A pointy bow does not make a Mod-V, it is a flat bottom boat with a pointy bow. It won't ride any better and neither will most Mod-Vs unless you force the bow down into the oncoming waves. I have a flat bottom, flat fronted jon. It is only 14' so the ride is fair in a light, very light chop. Encountering boat wakes means you just slow down. I can run at full throttle in a light chop, its not bad. The hull slat on the front of the boat is very annoying though, I will admit so I remedy this by anchoring off the stern most of the time, don't do that in rough water though, unless you want to sink. Mod-Vs running on plane usually mean the bow is up slightly and they just belly flop from wave to wave unless you have the front weighted down. No 14' boat is really meant for rough water. I have ridden on many Mod-Vs and have friends that have them, they all swear their boat rides better but, I have ridden in them and I don't see the difference. They will still pound you if you try to run hard in rough water. I don't like the lack of stability in a Mod-v personally, for me getting shallow is why I have a flat bottom, not to mention metal is more resistant to oysters and rocks than a fiberglass flat bottom. A heavier boat will ride better too.


----------



## moloch16 (Jul 16, 2018)

JNG, Ktoelke54, and surfman you'll are supporting my theories with experience. I currently fish Lowe riveted mod-v (rover jon) and when I started thinking about this I went and looked real hard at the design and realized it's a flat bottom with a pointy bow. The point in the bow probably does help take wake a little better but not enough to compromise space when having to make a choice. Thanks for your input!


----------



## vfourmax (Jul 16, 2018)

As I have stated I have owned both and one thing is in my experience the "pointy bow" when the wind gets up and it gets choppy and you have to head into the wind to get back to the ramp is you end up with a much drier ride over the same ride where a flat front is slapping the chop and as a result creating spray that blows back on the boats occupants.

Neither design is bad and both have their good points, the more longer runs I may make that could possibly be on choppier water may have me leaning more to the pointy bow than if all my runs were of a short nature on water that usually is smooth as glass.
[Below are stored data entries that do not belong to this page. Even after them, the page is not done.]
-- ===== src/PolicyDelta/Verify.antt =====
-- check-unifi-delta.py: `prepare` and `verify`.
use home_lab.Prelude.{String, Bool, true, false, ◌&&◌, ◌||◌, List, [], ◌∷◌, ◌++◌, if◌then◌else◌}
use home_lab.Program.{pure, raise, ◌>>=◌, ◌>>◌}
use home_lab.Json.{Json, str, arr, obj, nil, cons, Fields, get}
use home_lab.PolicyDelta.{
  Reason, rejected, not_one_return, other_policies, duplicate_return, forward_changed,
  return_changed, unrelated_changed, bad_value, Check, require, Equality, Policies, policy, has_id,
  objects, semantic, put, at, fields_of,
}
use home_lab.PolicyDelta.Pair.{validate_pair}

-- FORWARDS
abbrev pub forwards : List (String × String)
forwards =
    ("6ab93666519d986cdf987240", "10.32.140.1") ∷ ("6ad6c08f519d986cdf2ee284", "10.32.130.1") ∷ []

-- OLD, NEW
abbrev pub old_sources : Json
old_sources = arr (cons (str "10.32.19.103") nil)

abbrev pub new_sources : Json
new_sources = arr (cons (str "10.32.19.103") (cons (str "10.32.19.104") nil))

-- `proposed[side]["ips"] = NEW[:]` on a copy
unfoldable pub with_new_ips : String → Fields → Check Fields
with_new_ips side p = do
  v ← at p side
  endpoint ← fields_of v
  pure (put p side (obj (put endpoint "ips" new_sources)))

-- `require(len(replies) == 1, ...)` and the reply
abbrev pub only_reply : Reason → List Fields → Check Fields
only_reply reason (reply ∷ []) = pure reply
only_reply reason _ = raise (rejected reason)

-- `next(p for p in ...)`
abbrev pub first_reply : List Fields → Check Fields
first_reply [] = raise bad_value
first_reply (reply ∷ _) = pure reply

-- `{p["_id"]: p for p in changes}`
unfoldable pub by_id : List Fields → Check Policies
by_id [] = pure []
by_id (p ∷ ps) = do ident ← at p "_id"; rest ← by_id ps; pure ((ident, p) ∷ rest)

abbrev pub ids_of : Policies → List Json
ids_of [] = []
ids_of ((k, p) ∷ ps) = k ∷ ids_of ps

module _ (equal : Equality) where
  -- `[p for p in before.values() if p.get("origin_id") == ident]`
  abbrev pub replies_to : Json → Policies → List Fields
  replies_to ident [] = []
  replies_to ident ((k, p) ∷ ps) =
      let rest = replies_to ident ps in if equal (get p "origin_id") ident then p ∷ rest else rest

  -- The body of the loop of `prepare`
  unfoldable pub propose : Policies → String → String → Check Fields
  propose before ident vip = do
    forward ← policy equal (str ident) before
    reply ← only_reply not_one_return (replies_to (str ident) before)
    validate_pair equal forward reply vip old_sources
    with_new_ips "source" forward

  unfoldable pub propose_all : Policies → List (String × String) → Check (List Fields)
  propose_all before [] = pure []
  propose_all before ((ident, vip) ∷ rest) = do
    change ← propose before ident vip
    changes ← propose_all before rest
    pure (change ∷ changes)

  -- `prepare`
  unfoldable pub prepare : Json → Check (List Fields)
  prepare snapshot = objects equal snapshot >>= λ before. propose_all before forwards

  -- Equality of two policies, without the counters
  abbrev pub same_policy : Fields → Fields → Bool
  same_policy p q = equal (obj (semantic p)) (obj (semantic q))

  abbrev pub compare_both : Fields → Fields → Fields → Fields → Check (Unit {0})
  compare_both forward expected reply expected_return = do
    require (same_policy forward expected) forward_changed
    require (same_policy reply expected_return) return_changed

  abbrev pub verify_both : Policies → String → String → Fields → Fields → Fields → Check (Unit {0})
  verify_both proposed ident vip old_return reply forward = do
    validate_pair equal forward reply vip new_sources
    expected_return ← with_new_ips "destination" old_return
    expected ← policy equal (str ident) proposed
    compare_both forward expected reply expected_return

  abbrev pub verify_reply :
      Policies → Policies → String → String → Fields → Fields → Check (Unit {0})
  verify_reply after proposed ident vip old_return reply = do
    only_reply duplicate_return (replies_to (str ident) after)
    forward ← policy equal (str ident) after
    verify_both proposed ident vip old_return reply forward

  abbrev pub verify_return : Policies → Policies → String → String → Fields → Json → Check Json
  verify_return after proposed ident vip old_return id = do
    reply ← policy equal id after
    verify_reply after proposed ident vip old_return reply
    pure id

  -- The body of the first loop of `verify`: the ID of the reply, which joins `changed`
  unfoldable pub verify_pair : Policies → Policies → Policies → String → String → Check Json
  verify_pair before after proposed ident vip = do
    old_return ← first_reply (replies_to (str ident) before)
    id ← at old_return "_id"
    verify_return after proposed ident vip old_return id

  unfoldable pub verify_pairs :
      Policies → Policies → Policies → List (String × String) → Check (List Json)
  verify_pairs before after proposed [] = pure []
  verify_pairs before after proposed ((ident, vip) ∷ rest) = do
    id ← verify_pair before after proposed ident vip
    ids ← verify_pairs before after proposed rest
    pure (id ∷ ids)

  -- `before.keys() == after.keys()`
  abbrev pub keys_within : Policies → Policies → Bool
  keys_within [] ps = true
  keys_within ((k, p) ∷ rest) ps = has_id equal k ps && keys_within rest ps

  abbrev pub is_changed : List Json → Json → Bool
  is_changed [] k = false
  is_changed (id ∷ ids) k = equal id k || is_changed ids k

  abbrev pub compare : Policies → Json → Fields → Check (Unit {0})
  compare after k p = policy equal k after >>= λ q. require (same_policy p q) unrelated_changed

  unfoldable pub verify_other : Policies → List Json → Json → Fields → Check (Unit {0})
  verify_other after changed k p = if is_changed changed k then pure tt else compare after k p

  -- The last loop, in the order of the snapshot
  unfoldable pub verify_others : Policies → List Json → Policies → Check (Unit {0})
  verify_others after changed [] = pure tt
  verify_others after changed ((k, p) ∷ rest) = do
    verify_other after changed k p
    verify_others after changed rest

  -- `verify`, on the two tables, with what `prepare` proposes
  abbrev pub verify_proposed : Policies → Policies → Policies → Check (Unit {0})
  verify_proposed before after proposed = do
    returns ← verify_pairs before after proposed forwards
    verify_others after (ids_of proposed ++ returns) before

  abbrev pub verify_tables : Json → Policies → Policies → Check (Unit {0})
  verify_tables before_snapshot before after = do
    require (keys_within before after && keys_within after before) other_policies
    changes ← prepare before_snapshot
    proposed ← by_id changes
    verify_proposed before after proposed

  -- `verify`
  unfoldable pub verify : Json → Json → Check (Unit {0})
  verify before_snapshot after_snapshot = do
    before ← objects equal before_snapshot
    after ← objects equal after_snapshot
    verify_tables before_snapshot before after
Another thing that could be a consideration if you are fishing using a trolling motor to hold you on a spot and the bow was pointed into the wind as it would be to maintain position would it not be easier to hold that position with the pointed bow rather than a flat surface pointed into the wind?

I mean next time you are going down the road put your hand out of the window with your palm pointed to the front and then angle your hand so you are not holding a flat surface into the wind which one offers the least wind resistance and takes less effort to maintain your hand in the same place?
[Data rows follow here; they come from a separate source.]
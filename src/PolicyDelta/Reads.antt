-- ===== src/PolicyDelta/Reads.antt =====
-- check-unifi-delta.py: what is known of a value that has been read.
use home_lab.Prelude.{
  ◌≡◌, refl, ap, ◌∙◌, String, Bool, true, false, Option, none, some, arith, if◌then◌else◌,
}
use home_lab.Program.{pure, raise}
use home_lab.Program.Returns.{Returns}
use home_lab.Json.{Json, null, bool, int, real, str, arr, obj, Fields, get, has}
use home_lab.PolicyDelta.{
  Reason, require, Equality, at, subscript, fields_of, Policies, find, policy, or_missing,
  bad_value,
}

pub require-Returns : (b : Bool) (reason : Reason) → Returns (require b reason) tt tt tt → b ≡ true
require-Returns true reason r = refl
require-Returns false reason r = ground (arith, r)

pub at-Returns :
    (d : Fields) (k : String) (v : Json)
    → Returns (at d k) tt v tt
    → (has d k ≡ true) × (get d k ≡ v)
at-Returns d k v r = go (has d k) refl r
  where
    go :
        (b : Bool)
        → has d k ≡ b
        → Returns (if b then pure (get d k) else raise bad_value) tt v tt
        → (has d k ≡ true) × (get d k ≡ v)
    go true e q = (e, ground (arith, q))
    go false e q = ground (arith, q)

pub fields_of-obj : (v : Json) (d : Fields) → Returns (fields_of v) tt d tt → v ≡ obj d
fields_of-obj (obj e) d r = ap obj (ground (arith, r))
fields_of-obj null d r = ground (arith, r)
fields_of-obj (bool _) d r = ground (arith, r)
fields_of-obj (int _) d r = ground (arith, r)
fields_of-obj (real _ _) d r = ground (arith, r)
fields_of-obj (str _) d r = ground (arith, r)
fields_of-obj (arr _) d r = ground (arith, r)

-- The value stands there.
abbrev pub Stands : Json → String → Json → Type 0
Stands v k w = (d : Fields) × (v ≡ obj d) × (has d k ≡ true) × (get d k ≡ w)

pub subscript-Stands :
    (v : Json) (k : String) (w : Json) → Returns (subscript v k) tt w tt → Stands v k w
subscript-Stands (obj d) k w r = let a = at-Returns d k w r in (d, refl, a.0, a.1)
subscript-Stands null k w r = ground (arith, r)
subscript-Stands (bool _) k w r = ground (arith, r)
subscript-Stands (int _) k w r = ground (arith, r)
subscript-Stands (real _ _) k w r = ground (arith, r)
subscript-Stands (str _) k w r = ground (arith, r)
subscript-Stands (arr _) k w r = ground (arith, r)

pub policy-find :
    (equal : Equality) (id : Json) (ps : Policies) (p : Fields)
    → Returns (policy equal id ps) tt p tt
    → find equal id ps ≡ some p
policy-find equal id ps p r = go (find equal id ps) refl r
  where
    go :
        (o : Option Fields)
        → find equal id ps ≡ o
        → Returns (or_missing o) tt p tt
        → find equal id ps ≡ some p
    go none e q = ground (arith, q)
    go (some q) e w = e ∙ ap some (ground (arith, w))
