-- ===== src/PolicyDelta/Matches.antt =====
-- check-unifi-delta.py, `validate_pair`: what it says of a pair of policies.
use home_lab.Prelude.{◌≡◌, String, true, false, not, List, [], ◌∷◌, arith}
use home_lab.Program.{◌>>=◌, pure}
use home_lab.Program.Returns.{Returns, bind-Returns}
use home_lab.Json.{Json, obj, Fields, get, truthy}
use home_lab.PolicyDelta.{Reason, require, Equality, subscript, fields_of}
use home_lab.PolicyDelta.Pair.{
  Rule, is, same, true_at, falsy, falsy_or_none, present, set_is, is_true, set_of, same_set,
  run_rule, run_rules, pair_rules, validate_pair,
}
use home_lab.PolicyDelta.Reads.{require-Returns, fields_of-obj, Stands, subscript-Stands}

module _ (equal : Equality) where
  -- What each comparison says of the values that it reads
  abbrev pub Holds : Rule → Type 0
  Holds (is d k v) = (w : Json) × Stands d k w × (equal w v ≡ true)
  Holds (same d k e j) = (v : Json) × (w : Json) × Stands d k v × Stands e j w × (equal v w ≡ true)
  Holds (true_at d k) = (v : Json) × Stands d k v × (is_true v ≡ true)
  Holds (falsy d k) = (v : Json) × Stands d k v × (truthy v ≡ false)
  Holds (falsy_or_none d k) = (fs : Fields) × (d ≡ obj fs) × (truthy (get fs k) ≡ false)
  Holds (present d k) = (v : Json) × Stands d k v
  Holds (set_is d k vs) =
      (v : Json) × (ws : List Json) × Stands d k v × (same_set equal ws vs ≡ true)

  abbrev pub AllHold : List (Rule × Reason) → Type 0
  AllHold [] = Unit
  AllHold ((rule, reason) ∷ rules) = Holds rule × AllHold rules

  -- The pair is one that `validate_pair` is to admit.
  abbrev pub IsPair : Fields → Fields → String → Json → Type 0
  IsPair forward reply vip sources = AllHold (pair_rules forward reply vip sources)

  run_rule-Holds :
      (rule : Rule) (reason : Reason) → Returns (run_rule equal rule reason) tt tt tt → Holds rule
  unfolding run_rule
  run_rule-Holds (is d k v) reason r =
      let a = bind-Returns (subscript d k) (λ w. require (equal w v) reason) tt tt tt r in
      (a.value, subscript-Stands d k a.value a.first, require-Returns _ reason a.second)
  run_rule-Holds (same d k e j) reason r =
      let a =
        bind-Returns (subscript d k) (λ v. subscript e j >>= λ w. require (equal v w) reason) tt tt
          tt r in
      let b =
        bind-Returns (subscript e j) (λ w. require (equal a.value w) reason) tt tt tt a.second in
      (
        a.value,
        b.value,
        subscript-Stands d k a.value a.first,
        subscript-Stands e j b.value b.first,
        require-Returns _ reason b.second,
      )
  run_rule-Holds (true_at d k) reason r =
      let a = bind-Returns (subscript d k) (λ v. require (is_true v) reason) tt tt tt r in
      (a.value, subscript-Stands d k a.value a.first, require-Returns _ reason a.second)
  run_rule-Holds (falsy d k) reason r =
      let a = bind-Returns (subscript d k) (λ v. require (not (truthy v)) reason) tt tt tt r in
      let e = require-Returns (not (truthy a.value)) reason a.second in
      (a.value, subscript-Stands d k a.value a.first, ground (arith, e))
  run_rule-Holds (falsy_or_none d k) reason r =
      let a =
        bind-Returns (fields_of d) (λ fs. require (not (truthy (get fs k))) reason) tt tt tt r in
      let e = require-Returns (not (truthy (get a.value k))) reason a.second in
      (a.value, fields_of-obj d a.value a.first, ground (arith, e))
  run_rule-Holds (present d k) reason r =
      let a = bind-Returns (subscript d k) (λ _. pure tt) tt tt tt r in
      (a.value, subscript-Stands d k a.value a.first)
  run_rule-Holds (set_is d k vs) reason r =
      let a =
        bind-Returns (subscript d k) (λ v. set_of v >>= λ ws. require (same_set equal ws vs) reason)
          tt tt tt r in
      let b =
        bind-Returns (set_of a.value) (λ ws. require (same_set equal ws vs) reason) tt tt tt
          a.second in
      (a.value, b.value, subscript-Stands d k a.value a.first, require-Returns _ reason b.second)

  run_rules-AllHold :
      (rules : List (Rule × Reason)) → Returns (run_rules equal rules) tt tt tt → AllHold rules
  unfolding run_rules
  run_rules-AllHold [] r = tt
  run_rules-AllHold ((rule, reason) ∷ rules) r =
      let a = bind-Returns (run_rule equal rule reason) (λ _. run_rules equal rules) tt tt tt r in
      (run_rule-Holds rule reason a.first, run_rules-AllHold rules a.second)

  pub validate_pair-IsPair :
      (forward reply : Fields) (vip : String) (sources : Json)
      → Returns (validate_pair equal forward reply vip sources) tt tt tt
      → IsPair forward reply vip sources
  unfolding validate_pair
  validate_pair-IsPair forward reply vip sources r =
      run_rules-AllHold (pair_rules forward reply vip sources) r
I think that just amount of deck surface and even ride quality are just some of the issues to consider and not all. I would also say that if using a smaller outboard that if all other variables were the same the smaller motor would again face less resistance and therefore perform better on the pointed bow. Again just a result of physics and resistant differences between the two designs moving in a forward motion.

Also I do not find the mod v to be less stable but again I weigh less than 160 lbs so that may make a difference as well.


----------



## surfman (Jul 17, 2018)

If I was going to choose between those two boats, I would choose the one with the pointed bow. I have a flat bow on my current boat. I agree to some degree with heading into the wind but, when on plane the bow is up anyway, at least it is on my boat and, the hull is taking most of the impact from the waves. You really can't force a flat bow down into the waves unless you really want to get wet. The pointy bow also would help reduce the bow slap when fishing I am thinking but, I really don't know about that. As far as trolling motor placement , mine is off to the side and does not affect steering the boat at all. I don't think that matters at all. You gain a little room with the flat front but if it is just one person up front then it doesn't look bad to me. I like the open layout of both of those boats.


----------



## ppine (Jul 17, 2018)

A flat bottom is fine for flat water. If you plan on being out in the winter, then you would be well advised to consider a more seaworthy boat.

I remember coming home in a storm on Lake Powell, AZ in a new ski boat. We had all we could handle with the flat bottom. We were lucky to get back to the house boat and almost spent the night in a side canyon. Another ski boat sank the same day in the channel we had just come through.


----------



## jethro (Jul 17, 2018)

I could talk you out of it easy- if you lived in my area and fished coldwater lakes and the salt! Deep V boats are all I've ever owned. If I wanted something to fish skinny and remote waters I would probably go with a kayak but that is just me.


----------



## wmk0002 (Jul 17, 2018)

I personally like the extra front deck space my Alumacraft 1648 flatbottom offers over the 1648MV model. TM is all the way to the left and when deployed sits in the water at the forward left corner but it trolls just like any other mod-v ive been in that had the TM mounted at an angle to deploy at the centerline of the boat. It also has a truly flat bottom just aft of the front deck which will allow for easier installation of a floor. The caveat to my situation is that I only have a 15hp motor on it as I use it on hp restricted lakes. At 20 mph I don't think it really matters if it was a mod-v or a flatbottom. If you are moving 30mph+ often the mod-v would probably make a lot more sense.


----------



## moloch16 (Jul 17, 2018)

wmk0002 said:


> I personally like the extra front deck space my Alumacraft 1648 flatbottom offers over the 1648MV model. TM is all the way to the left and when deployed sits in the water at the forward left corner but it trolls just like any other mod-v ive been in that had the TM mounted at an angle to deploy at the centerline of the boat. It also has a truly flat bottom just aft of the front deck which will allow for easier installation of a floor. The caveat to my situation is that I only have a 15hp motor on it as I use it on hp restricted lakes. At 20 mph I don't think it really matters if it was a mod-v or a flatbottom. If you are moving 30mph+ often the mod-v would probably make a lot more sense.



Thanks for the post and enjoyed reading through your build posts. Had no idea there is wood under those from decks, I wonder if Lowe is made the same way?


----------



## moloch16 (Jul 20, 2018)

Update:
Went back to AK Mccallum again today for another look, fully intending to buy a Lowe Aura. Once I got there I looked at all the boats again: Alweld, Alumacraft, Lowe, etc. Ended up going with the 1648 Alweld Marsh Flat, you can land a helicopter on the front deck of that boat, and the rest of the boat is voluminous. Comes pre-wired for trolling motor and running lights and non-slip coating. I added optional locking storage behind the front deck in place of the open storage bay. For the type of fishing I do I don't see where the mod-v would be a huge factor and the size difference was substantial.

Really excited about this boat, it will probably be the last boat I buy


----------



## Jim (Jul 20, 2018)

Very cool boat! Tell the folks at AK McCallum the folks over at Tinboats say hello!


Sent from my iPhone using Tapatalk


----------



## ppine (Jul 20, 2018)

Watch the duck boat video.


----------



## vfourmax (Jul 21, 2018)

Enjoy your new boat! =D>


----------



## CedarRiverScooter (Jul 21, 2018)

ppine said:


> Watch the duck boat video.



Better yet check the weather forecast before launching.


----------



## Zum (Jul 21, 2018)

Nice boat, enjoy

Sent from my SM-T350 using Tapatalk


----------



## surfman (Jul 23, 2018)

Very nice, you will love it.


----------